I'm in New York City for a variety of meetings and, of course, I brought along Bloggy, the Scientific Blogging mascot.   I know how popularity works.  People don't concern themselves much with what I write but Bloggy is popular.  Heck, there is fan fiction written about him.

He's a pretty easy travelling companion, he mostly just sits in my bag but at key moments I avail myself of his wisdom.

I took a few pictures of him in our various adventures and am posting them up here.   Off on a trip of your own?  Need a mascot to accompany you and criticize your every decision?   We'll ship him out.  Just be sure to take a swanky picture.

Of course, when many people 30 and older think of travelling in New York,  they imagine some scene out of The Warriors, where you have to fight off muggers and cool guys with baseball bats but it isn't like that any more.   That Great Society experiment ended badly, of course, so "The Warriors" or Escape From New York or other scenarios where you project out crime on a linear curve never happened.  

The Warriors Walter Hill
As I mentioned to Paul Hoffman during lunch in mid-town on Thursday, the Freakonomics guys figured out that it wasn't building prisons or hiring more cops, it was giving birth to fewer criminals that was responsible for the crime rate here plummeting.     If Democratic strategists were worth a hill of beans (okay, they are worth a hill of beans, actually, since they have bullet-proof majorities in both Houses of Congress and the Presidency, but you get my point) they would have figured out that the easiest way to get Republicans behind abortion was to tell them it eliminated crime.  Cynical, and sure to outrage anyone with a heart, but apparently true.

So travel is quite civilized, at least in Manhattan - like any city, you have your spots that you shouldn't go lest you be boppin' your way home.

Hopefully, on the flight home I will get a chance to finish my article on the pervasive anti-elitism ("you don't know more than me just because you have a PhD") that crops up from time to time.
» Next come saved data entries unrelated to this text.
-- ===== src/WebAdapter/Engines/Laws.antt =====
-- The engines of a search: no engine twice under a category, and three lists of the checked ones.
use opencode_optimised_tooli.Prelude.{
  ==_iff, ==_self, true, ◌==◌, ◌∙◌, All, All-insert, Bool, Bool-cases, Dict, DistinctKeys,
  DistinctKeys-insert, List, Text, [], arith, contains, false, has_key, has_key-insert, inl, inr,
  insert, keep, map, not, refl, sym, values, ◌&&◌, ◌++◌, ◌||◌, ◌∷◌, ◌≡◌, list_eq, nat_eq, pair_eq,
  string_eq,
}
use opencode_optimised_tooli.Query.Types.{EngineRef, Setup}
use opencode_optimised_tooli.WebAdapter.Types.{Preferences}
use opencode_optimised_tooli.WebAdapter.Engines.{
  index_refs, deduplicate_engineref_list, validate_token, validate_engineref_list,
}

-- A reference's category and name, as the dictionary's keys spell them.
abbrev pub ref_key : EngineRef → Text
ref_key r = r.1 ++ b'|' ∷ r.0

abbrev pub AreDistinct : List Text → Type 0
AreDistinct [] = Unit
AreDistinct (t ∷ ts) = (contains t ts ≡ false) × AreDistinct ts

index_refs-DistinctKeys :
    (refs : List EngineRef) (d : Dict Text EngineRef)
    → DistinctKeys d
    → DistinctKeys (index_refs refs d)
unfolding index_refs
index_refs-DistinctKeys [] d h = h
index_refs-DistinctKeys (r ∷ refs) d h =
    index_refs-DistinctKeys refs (insert (ref_key r) r d) (DistinctKeys-insert (ref_key r) r d h)

abbrev IsKeyed : Text × EngineRef → Type 0
IsKeyed e = e.0 ≡ ref_key e.1

index_refs-IsKeyed :
    (refs : List EngineRef) (d : Dict Text EngineRef)
    → All IsKeyed d
    → All IsKeyed (index_refs refs d)
unfolding index_refs
index_refs-IsKeyed [] d h = h
index_refs-IsKeyed (r ∷ refs) d h =
    index_refs-IsKeyed refs (insert (ref_key r) r d) (All-insert IsKeyed (ref_key r) r d refl h)

has_key-index_refs :
    (k : Text) (refs : List EngineRef) (d : Dict Text EngineRef)
    → has_key k (index_refs refs d) ≡ (contains k (map ref_key refs) || has_key k d)
unfolding index_refs contains
has_key-index_refs k [] d = refl
has_key-index_refs k (r ∷ refs) d =
    ground
      (arith, has_key-index_refs k refs (insert (ref_key r) r d), has_key-insert (ref_key r) k r d)

contains-values :
    (k : Text) (d : Dict Text EngineRef)
    → All IsKeyed d
    → contains k (map ref_key (values d)) ≡ has_key k d
unfolding contains has_key
contains-values k [] h = refl
contains-values k ((other, r) ∷ d) (e, h) = rw (e, contains-values k d h) refl

values-AreDistinct :
    (d : Dict Text EngineRef)
    → All IsKeyed d
    → DistinctKeys d
    → AreDistinct (map ref_key (values d))
values-AreDistinct [] h k = tt
values-AreDistinct ((other, r) ∷ d) (e, h) (fresh, k) =
    (rw (sym e, contains-values other d h) fresh, values-AreDistinct d h k)

-- No two of the references that are kept have the same key, and the key of each given one is kept.
pub deduplicate_engineref_list-AreDistinct :
    (refs : List EngineRef)
    → AreDistinct (map ref_key (deduplicate_engineref_list refs))
      × ((k : Text)
          → contains k (map ref_key (deduplicate_engineref_list refs))
            ≡ contains k (map ref_key refs))
unfolding deduplicate_engineref_list has_key
deduplicate_engineref_list-AreDistinct refs =
    let keyed = index_refs-IsKeyed refs [] tt in
    (
      values-AreDistinct (index_refs refs []) keyed (index_refs-DistinctKeys refs [] tt),
      λ k.
          ground
            (arith, contains-values k (index_refs refs []) keyed, has_key-index_refs k refs []),
    )

-- A reference with no `|` in its category: its key tells it.
abbrev pub HasNoBar : EngineRef → Type 0
HasNoBar r = contains b'|' r.1 ≡ false

cut_at_bar :
    (c d n m : Text)
    → contains b'|' c ≡ false
    → contains b'|' d ≡ false
    → c ++ b'|' ∷ n ≡ d ++ b'|' ∷ m
    → (c ≡ d) × (n ≡ m)
unfolding contains
cut_at_bar [] [] n m h k e = (refl, ground arith)
cut_at_bar [] (y ∷ d) n m h k e = absurd (ground arith)
cut_at_bar (x ∷ c) [] n m h k e = absurd (ground arith)
cut_at_bar (x ∷ c) (y ∷ d) n m h k e =
    let tails : c ++ b'|' ∷ n ≡ d ++ b'|' ∷ m = ground arith in
    let (same, rest) = cut_at_bar c d n m (ground arith) (ground arith) tails in
    (ground arith, rest)

ref_key_injective : (r q : EngineRef) → HasNoBar r → HasNoBar q → ref_key r ≡ ref_key q → r ≡ q
ref_key_injective (n, c) (m, d) h k e = let (same, rest) = cut_at_bar c d n m h k e in ground arith

contains-map-ref_key :
    (r : EngineRef) (refs : List EngineRef)
    → contains r refs ≡ true
    → contains (ref_key r) (map ref_key refs) ≡ true
unfolding contains
contains-map-ref_key r [] h = absurd (ground arith)
contains-map-ref_key r (q ∷ refs) h = elim (Bool-cases (q == r)) [
  | inl e ↦ rw ((==_iff q r).0 e) (ground (arith, ==_self (ref_key r)))
  | inr e ↦ ground (arith, contains-map-ref_key r refs)
]

contains-ref_key :
    (r : EngineRef) (refs : List EngineRef)
    → HasNoBar r
    → All HasNoBar refs
    → contains (ref_key r) (map ref_key refs) ≡ true
    → contains r refs ≡ true
unfolding contains
contains-ref_key r [] h k e = absurd (ground arith)
contains-ref_key r (q ∷ refs) h (k, all) e = elim (Bool-cases (ref_key q == ref_key r)) [
  | inl same ↦
      let equal = ref_key_injective q r k h ((==_iff (ref_key q) (ref_key r)).0 same) in
      rw equal (ground (arith, ==_self r))
  | inr apart ↦ ground (arith, contains-ref_key r refs h all)
]

-- What holds of all given references holds of those that are kept.
All-index_refs :
    (P : EngineRef → Type 0) (refs : List EngineRef) (d : Dict Text EngineRef)
    → All P refs
    → All (λ e. P e.1) d
    → All (λ e. P e.1) (index_refs refs d)
unfolding index_refs
All-index_refs P [] d h k = k
All-index_refs P (r ∷ refs) d (p, h) k =
    All-index_refs P refs (insert (ref_key r) r d) h (All-insert (λ e. P e.1) (ref_key r) r d p k)

All-values :
    (P : EngineRef → Type 0) (d : Dict Text EngineRef) → All (λ e. P e.1) d → All P (values d)
All-values P [] h = tt
All-values P (e ∷ d) (p, h) = (p, All-values P d h)

All-map {ℓ κ} :
    {P : EngineRef → Type ℓ} {Q : EngineRef → Type κ} (refs : List EngineRef)
    → ((r : EngineRef) → P r → Q r)
    → All P refs
    → All Q refs
All-map [] f h = tt
All-map (r ∷ refs) f (p, h) = (f r p, All-map refs f h)

All-contained : (refs : List EngineRef) → All (λ r. contains r refs ≡ true) refs
unfolding contains
All-contained [] = tt
All-contained (r ∷ refs) = (
  ground (arith, ==_self r),
  All-map {P = λ q. contains q refs ≡ true} refs (λ q h. ground arith) (All-contained refs),
)

All-both {ℓ κ} :
    (P : EngineRef → Type ℓ) (Q : EngineRef → Type κ) (refs : List EngineRef)
    → All P refs
    → All Q refs
    → All (λ r. P r × Q r) refs
All-both P Q [] h k = tt
All-both P Q (r ∷ refs) (p, h) (q, k) = ((p, q), All-both P Q refs h k)

-- No reference is there twice.
abbrev pub HasNoRepeats : List EngineRef → Type 0
HasNoRepeats [] = Unit
HasNoRepeats (r ∷ refs) = (contains r refs ≡ false) × HasNoRepeats refs

AreDistinct-HasNoRepeats :
    (refs : List EngineRef) → AreDistinct (map ref_key refs) → HasNoRepeats refs
AreDistinct-HasNoRepeats [] h = tt
AreDistinct-HasNoRepeats (r ∷ refs) (fresh, h) =
    (ground (arith, contains-map-ref_key r refs), AreDistinct-HasNoRepeats refs h)

-- If no category has a `|` in it: of the references that are kept none is there twice, each given
-- reference is kept, and each one that is kept was given.
pub deduplicate_engineref_list_keeps :
    (refs : List EngineRef)
    → All HasNoBar refs
    → HasNoRepeats (deduplicate_engineref_list refs)
      × All (λ r. contains r (deduplicate_engineref_list refs) ≡ true) refs
      × All (λ r. contains r refs ≡ true) (deduplicate_engineref_list refs)
unfolding deduplicate_engineref_list
deduplicate_engineref_list_keeps refs bars =
    let kept = deduplicate_engineref_list refs in
    let (distinct, covers) = deduplicate_engineref_list-AreDistinct refs in
    let free : All HasNoBar kept =
      All-values HasNoBar (index_refs refs []) (All-index_refs HasNoBar refs [] bars tt) in
    (
      AreDistinct-HasNoRepeats kept distinct,
      All-map {P = λ r. HasNoBar r × (contains r refs ≡ true)} refs
          (λ r (h, there).
            contains-ref_key r kept h free (covers (ref_key r) ∙ contains-map-ref_key r refs there))
          (All-both HasNoBar (λ r. contains r refs ≡ true) refs bars (All-contained refs)),
      All-values (λ r. contains r refs ≡ true) (index_refs refs [])
          (All-index_refs (λ r. contains r refs ≡ true) refs [] (All-contained refs) tt),
    )

module _ (setup : Setup) (engine_tokens : Dict Text (List Text)) where
  abbrev pub is_known : EngineRef → Bool
  is_known r = has_key r.0 setup.engines

  abbrev pub is_open : Preferences → EngineRef → Bool
  is_open preferences r = validate_token setup engine_tokens preferences r.0

  -- The three lists select the references that are known and open to the tokens, unknown, known
  -- and not open, each in the given order.
  pub validate_engineref_list_lem :
      (refs : List EngineRef) (preferences : Preferences)
      → validate_engineref_list setup engine_tokens refs preferences ≡ record {
        valid = keep (λ r. is_known r && is_open preferences r) refs;
        unknown = keep (λ r. not (is_known r)) refs;
        no_token = keep (λ r. is_known r && not (is_open preferences r)) refs;
      }
  unfolding validate_engineref_list keep
  validate_engineref_list_lem [] preferences = refl
  validate_engineref_list_lem (r ∷ rest) preferences =
      let ih = validate_engineref_list_lem rest preferences in
      elim (Bool-cases (is_known r)) [
        | inr unknown ↦ rw (unknown, ih) refl
        | inl known ↦ elim (Bool-cases (is_open preferences r)) [
          | inl held ↦ rw (known, held, ih) refl
          | inr closed ↦ rw (known, closed, ih) refl
        ]
      ]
As I intend to show, being part of the elite is coming back into fashion, provided we take the word 'elite' back from snooty humanists and put it into the realm of social language it actually belongs. Until then, enjoy some Bloggy hijinks.


Bloggy and I planning our strategy at a local coffee place.   


Bloggy and I at the Empire State Building in between meetings.   Manhattan is nice in that you can do a lot of stuff between meetings.  Like push Bloggy off a building.  I didn't - people notice when you put stuff on the ledge of the Empire State Building so I had to play it cool.


Bloggy asking me if he has anything in his teeth before we go inside.


NBC Today co-host Matt Lauer was very excited about meeting Bloggy.


Ever the suave diplomat, Bloggy insisted we visit Tiffany's.  He charmed sales associate Lynn, who had an astounding knack for being able to interpret "we don't know what we want but we will know it when we see it" and translating it into revenue.  She's on the third floor so if you visit, I recommend looking her up - but don't bother with the first floor; it was pouring outside and when I walked in, obviously wet because I was going to their store when the deluge broke out, they looked at me like I had a bomb strapped to my chest and I hate pretentious faux elitism from people who make 1/100th of what I do.   But Lynn rules!